[Dataset entries]
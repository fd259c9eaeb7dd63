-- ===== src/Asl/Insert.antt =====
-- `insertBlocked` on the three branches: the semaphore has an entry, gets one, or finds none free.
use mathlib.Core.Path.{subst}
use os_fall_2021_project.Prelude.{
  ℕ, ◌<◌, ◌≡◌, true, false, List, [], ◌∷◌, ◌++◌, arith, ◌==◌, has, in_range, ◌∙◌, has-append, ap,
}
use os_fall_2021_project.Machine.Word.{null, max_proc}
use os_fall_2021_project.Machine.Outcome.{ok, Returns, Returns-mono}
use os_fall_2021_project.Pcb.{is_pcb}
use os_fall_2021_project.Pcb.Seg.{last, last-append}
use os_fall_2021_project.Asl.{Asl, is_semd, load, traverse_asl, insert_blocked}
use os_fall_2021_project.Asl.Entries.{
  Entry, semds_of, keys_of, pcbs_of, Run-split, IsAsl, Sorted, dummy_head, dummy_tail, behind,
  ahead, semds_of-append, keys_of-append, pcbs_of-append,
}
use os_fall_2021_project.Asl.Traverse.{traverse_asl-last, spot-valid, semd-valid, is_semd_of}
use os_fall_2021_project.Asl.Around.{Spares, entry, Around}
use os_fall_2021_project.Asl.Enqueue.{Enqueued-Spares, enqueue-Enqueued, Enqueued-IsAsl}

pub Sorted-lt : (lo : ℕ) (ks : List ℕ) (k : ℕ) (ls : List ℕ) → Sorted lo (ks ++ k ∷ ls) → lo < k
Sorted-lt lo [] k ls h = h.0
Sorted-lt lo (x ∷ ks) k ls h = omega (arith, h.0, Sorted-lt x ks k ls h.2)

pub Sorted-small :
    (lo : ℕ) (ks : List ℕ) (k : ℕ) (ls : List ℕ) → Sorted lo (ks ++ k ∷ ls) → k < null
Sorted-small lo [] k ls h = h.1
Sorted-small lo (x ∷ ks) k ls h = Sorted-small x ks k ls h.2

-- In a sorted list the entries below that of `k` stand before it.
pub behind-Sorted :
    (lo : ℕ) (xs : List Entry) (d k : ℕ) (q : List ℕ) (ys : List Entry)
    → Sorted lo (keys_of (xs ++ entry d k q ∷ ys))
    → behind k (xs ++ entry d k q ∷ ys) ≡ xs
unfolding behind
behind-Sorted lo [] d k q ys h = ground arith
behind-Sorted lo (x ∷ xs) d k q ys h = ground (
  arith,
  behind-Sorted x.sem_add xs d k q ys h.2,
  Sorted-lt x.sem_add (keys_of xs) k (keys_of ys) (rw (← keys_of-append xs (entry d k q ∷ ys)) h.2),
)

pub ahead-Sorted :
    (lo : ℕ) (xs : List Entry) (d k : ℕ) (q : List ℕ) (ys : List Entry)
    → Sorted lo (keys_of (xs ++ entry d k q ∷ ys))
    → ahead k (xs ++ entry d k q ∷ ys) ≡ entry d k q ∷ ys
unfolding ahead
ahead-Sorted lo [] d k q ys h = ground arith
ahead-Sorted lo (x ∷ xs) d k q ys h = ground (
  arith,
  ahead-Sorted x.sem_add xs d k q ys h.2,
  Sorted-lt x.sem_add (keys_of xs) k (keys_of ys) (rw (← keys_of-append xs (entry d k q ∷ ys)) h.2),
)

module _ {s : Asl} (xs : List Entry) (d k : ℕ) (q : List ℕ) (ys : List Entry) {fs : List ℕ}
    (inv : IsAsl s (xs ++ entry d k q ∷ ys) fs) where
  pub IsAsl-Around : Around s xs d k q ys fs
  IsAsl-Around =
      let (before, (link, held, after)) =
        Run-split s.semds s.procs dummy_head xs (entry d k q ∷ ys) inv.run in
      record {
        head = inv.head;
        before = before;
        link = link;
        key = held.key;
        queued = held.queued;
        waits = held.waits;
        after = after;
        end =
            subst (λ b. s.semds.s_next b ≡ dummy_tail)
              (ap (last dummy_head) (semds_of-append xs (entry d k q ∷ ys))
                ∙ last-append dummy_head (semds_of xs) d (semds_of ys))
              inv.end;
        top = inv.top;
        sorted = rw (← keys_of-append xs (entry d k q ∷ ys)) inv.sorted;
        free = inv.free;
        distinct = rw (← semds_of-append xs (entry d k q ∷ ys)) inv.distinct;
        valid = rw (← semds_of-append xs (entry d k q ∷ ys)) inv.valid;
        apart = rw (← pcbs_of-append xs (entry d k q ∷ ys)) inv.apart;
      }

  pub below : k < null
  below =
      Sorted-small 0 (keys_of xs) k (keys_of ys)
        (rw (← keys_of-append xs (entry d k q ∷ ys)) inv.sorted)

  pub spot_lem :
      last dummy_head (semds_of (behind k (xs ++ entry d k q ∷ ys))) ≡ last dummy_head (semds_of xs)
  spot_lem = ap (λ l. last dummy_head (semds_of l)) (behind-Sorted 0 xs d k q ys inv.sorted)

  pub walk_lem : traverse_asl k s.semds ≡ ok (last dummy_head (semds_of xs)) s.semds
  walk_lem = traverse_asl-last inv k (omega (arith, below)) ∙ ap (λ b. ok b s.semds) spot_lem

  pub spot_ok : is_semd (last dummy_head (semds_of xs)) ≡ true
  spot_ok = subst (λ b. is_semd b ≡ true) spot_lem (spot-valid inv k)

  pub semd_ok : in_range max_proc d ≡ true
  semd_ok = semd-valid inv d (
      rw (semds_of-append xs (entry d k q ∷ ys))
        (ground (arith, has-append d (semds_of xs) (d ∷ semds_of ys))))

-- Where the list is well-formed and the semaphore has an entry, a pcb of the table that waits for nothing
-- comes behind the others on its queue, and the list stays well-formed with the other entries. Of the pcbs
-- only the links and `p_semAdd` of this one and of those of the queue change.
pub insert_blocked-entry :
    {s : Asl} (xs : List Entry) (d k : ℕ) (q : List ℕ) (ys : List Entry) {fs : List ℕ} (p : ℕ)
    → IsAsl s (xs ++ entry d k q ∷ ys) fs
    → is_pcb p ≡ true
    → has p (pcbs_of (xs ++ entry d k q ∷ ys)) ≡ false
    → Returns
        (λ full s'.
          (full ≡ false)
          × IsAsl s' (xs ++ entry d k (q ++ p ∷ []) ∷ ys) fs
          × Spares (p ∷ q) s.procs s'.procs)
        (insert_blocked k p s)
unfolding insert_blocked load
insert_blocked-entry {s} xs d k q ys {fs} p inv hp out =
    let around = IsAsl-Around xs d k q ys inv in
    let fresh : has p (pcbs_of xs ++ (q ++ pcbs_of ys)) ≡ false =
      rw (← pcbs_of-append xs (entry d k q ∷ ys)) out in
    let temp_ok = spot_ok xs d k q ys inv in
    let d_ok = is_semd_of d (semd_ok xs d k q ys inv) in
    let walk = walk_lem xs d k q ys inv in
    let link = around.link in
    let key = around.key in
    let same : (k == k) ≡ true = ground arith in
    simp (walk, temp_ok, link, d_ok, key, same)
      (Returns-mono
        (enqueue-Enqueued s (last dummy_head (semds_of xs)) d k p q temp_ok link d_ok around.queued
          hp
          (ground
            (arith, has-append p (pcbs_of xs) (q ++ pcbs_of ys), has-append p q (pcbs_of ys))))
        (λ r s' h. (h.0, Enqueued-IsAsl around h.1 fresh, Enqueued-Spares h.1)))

### WHAT IS NEEDED:
Wherever the word "unfolding" appears in a line of the data above, copy that line.

### WRITTEN RESPONSE:
unfolding behind
unfolding ahead
unfolding insert_blocked load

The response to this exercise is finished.